The CTU Story
“Catholic Theological Union bears powerful witness to a special kind of ecumenism, the ability of religious orders to compose differences, to cooperate in common work and to live in harmony, despite variations in background and training. This has not been done on this scale and in this way in the history of the American Church.”
– Paul Bechtold, C.P., Founding President of CTU, 1968
The year 1968 was turbulent. The United States witnessed the assassinations of civil rights leader Martin Luther King, Jr. and presidential candidate Robert F. Kennedy, as well as the escalation of the war in Vietnam. The 1968 Democratic Convention in Chicago turned into a riot, and much of the city was set aflame as citizens looked on wondering with great fear what the future would hold. It was in the midst of these uncertain and frightening times that Catholic Theological Union was born.
After the close of the Second Vatican Council, three religious orders (Franciscans, Passionists, and Servites) decided to take a chance. Filled with hope and the desire to participate in the renewal of the Church, these orders took a risky move and closed their individual seminaries. They decided to work together, to share their resources – libraries, professors, staff, and finances – to create a seminary that would be based on a model of collaboration. The name Catholic Theological Union describes the very nature of CTU.

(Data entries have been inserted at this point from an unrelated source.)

-- ===== src/Flamegraph/ShapeGrown.antt =====
-- A node that is added to `CompressedTrie` of source/flamegraph/src/graph.h keeps the shape of the trie.
use mem_hawk.Prelude.{
  ℕ, suc, ◌<◌, ◌≡◌, ◌≢◌, sym, ap, ◌∙◌, List, [], ◌∷◌, ◌++◌, none, some, arith, inl, inr,
  if◌then◌else◌, ◌==◌,
}
use native.Mathlib.Decide.{ℕ_discrete}
use mem_hawk.Prelude.Maps.{find?, insert, find?-insert}
use mem_hawk.Flamegraph.Shape.{IsEdge, IsTree, find?-empty, none-some, if_same, if-cases}

-- A node `n` added below node `r`, under a key that `r` has no edge for.
pub record IsGrown (n r key : ℕ) (addr keys addr' keys' : ℕ → List ℕ)
    (edges edges' : ℕ → List (ℕ × ℕ)) : Type 0 where
  pub free : find? key (edges r) ≡ none
  pub grown_edges : edges' r ≡ insert key n (edges r)
  pub new_address : addr' n ≡ addr r ++ keys' n
  pub new_edges : edges' n ≡ []
  pub rest : List ℕ
  pub starts : keys' n ≡ key ∷ rest
  pub same_address : (j : ℕ) → j < n → addr' j ≡ addr j
  pub same_keys : (j : ℕ) → j < n → keys' j ≡ keys j
  pub same_edges : (j : ℕ) → j < n → j ≢ r → edges' j ≡ edges j

module _ (n r key : ℕ) (addr keys addr' keys' : ℕ → List ℕ) (edges edges' : ℕ → List (ℕ × ℕ))
    (tree : IsTree n addr keys edges) (bound : r < n)
    (grown : IsGrown n r key addr keys addr' keys' edges edges') where
  kept-IsEdge : (i k c : ℕ) → i < n → IsEdge n addr keys i k c → IsEdge (suc n) addr' keys' i k c
  kept-IsEdge i k c h old = record {
    child_bound = omega (arith, old.child_bound);
    address =
        grown.same_address c old.child_bound
        ∙ (old.address
            ∙ (ap (λ z. z ++ keys c) (sym (grown.same_address i h))
                ∙ ap (λ z. addr' i ++ z) (sym (grown.same_keys c old.child_bound))));
    rest = old.rest;
    starts = grown.same_keys c old.child_bound ∙ old.starts;
  }

  -- The edges of the node that the new one hangs on.
  grown_find? : (k : ℕ) → find? k (edges' r) ≡ (if key == k then some n else find? k (edges r))
  grown_find? k = ap (find? k) grown.grown_edges ∙ find?-insert key k n (edges r) grown.free

  grown-IsEdge :
      (i k c : ℕ) → i < suc n → find? k (edges' i) ≡ some c → IsEdge (suc n) addr' keys' i k c
  grown-IsEdge i k c h e = elim (ℕ_discrete i n) [
    | yes at ↦ absurd (
        find?-empty k c
          (ap (find? k) (sym grown.new_edges) ∙ (ap (λ j. find? k (edges' j)) (sym at) ∙ e)))
    | no old_node ↦ elim (ℕ_discrete i r) [
      | yes at ↦
          elim (if-cases key k n c (find? k (edges r))
            (sym (grown_find? k) ∙ (ap (λ j. find? k (edges' j)) (sym at) ∙ e))) [
              | inl (ek, ec) ↦ record {
                child_bound = omega arith;
                address =
                    ap addr' ec
                    ∙ (grown.new_address
                        ∙ (ap (λ z. z ++ keys' n)
                              (sym (grown.same_address r bound) ∙ ap addr' (sym at))
                            ∙ ap (λ j. addr' i ++ keys' j) (sym ec)));
                rest = grown.rest;
                starts = ap keys' ec ∙ (grown.starts ∙ ap (λ z. z ∷ grown.rest) (sym ek));
              }
              | inr old ↦
                  kept-IsEdge i k c (omega arith)
                    (tree.edge i k c (omega arith) (ap (λ j. find? k (edges j)) at ∙ old))
            ]
      | no other ↦ kept-IsEdge i k c (omega arith) (
          tree.edge i k c (omega arith)
            (ap (find? k) (sym (grown.same_edges i (omega arith) other)) ∙ e))
    ]
  ]

  grown_parent :
      (c : ℕ) → c < suc n → c ≢ 0 → (i : ℕ) × (k : ℕ) × (i < suc n) × (find? k (edges' i) ≡ some c)
  grown_parent c h z = elim (ℕ_discrete c n) [
    | yes e ↦ (
      r,
      key,
      omega arith,
      grown_find? key ∙ (if_same key n (find? key (edges r)) ∙ ap some (sym e)),
    )
    | no ne ↦
        let (i, k, b, f) = tree.parent c (omega arith) z in
        elim (ℕ_discrete i r) [
          | yes e ↦ (
            r,
            k,
            omega arith,
            grown_find? k ∙ unused k c (ap (λ j. find? k (edges j)) (sym e) ∙ f),
          )
          | no other ↦ (i, k, omega arith, ap (find? k) (grown.same_edges i b other) ∙ f)
        ]
  ]
    where
      unused :
          (k c : ℕ)
          → find? k (edges r) ≡ some c
          → (if key == k then some n else find? k (edges r)) ≡ some c
      unused k c f = elim (ℕ_discrete key k) [
        | yes e ↦ absurd (none-some (sym grown.free ∙ (ap (λ j. find? j (edges r)) e ∙ f)))
        | no ne ↦ ground arith
      ]

  pub grown-IsTree : IsTree (suc n) addr' keys' edges'
  grown-IsTree = record {
    root_bound = omega arith;
    root_address = grown.same_address 0 tree.root_bound ∙ tree.root_address;
    root_keys = grown.same_keys 0 tree.root_bound ∙ tree.root_keys;
    edge = grown-IsEdge;
    parent = grown_parent;
  }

To enable their future priests to learn in an ever-changing and diverse world, they moved from their rural settings to an urban center – Hyde Park. To heighten the academic training of these seminarians, they moved near a major university (University of Chicago). And to ensure that a spirit of ecumenism would be a part of the students’ formation, they became neighbor to other seminaries. Such an experiment had never before been undertaken, but they believed they could create a new way of training men for the priesthood.
It would not take long, only a few years, for CTU to open its doors to lay students. Almost since its founding, lay men and women, religious sisters and brothers, and seminarians have studied alongside one another, preparing to serve God’s people.
CTU has grown to be one of the largest Roman Catholic graduate schools of theology and ministry in the United States. Students from all over the world, of every age and vocation, study together. They learn about the Catholic faith as well as how to dialogue with other Abrahamic faith traditions – Protestant, Jewish, and Muslim.
With a distinguished and world-renowned faculty, CTU is a place where students are challenged, mentored, and prepared for whatever they are called to do next with their lives.
Today, CTU is sponsored by 24 men's religious communities, as well as other communities who send students to CTU. In any given academic year, there are a few hundred lay students from the United States and many countries throughout the world preparing at CTU. With more than 4,000 graduates serving in the United States and in 60 countries worldwide, CTU has brought, and will continue to bring, God’s hope and love where it is most needed.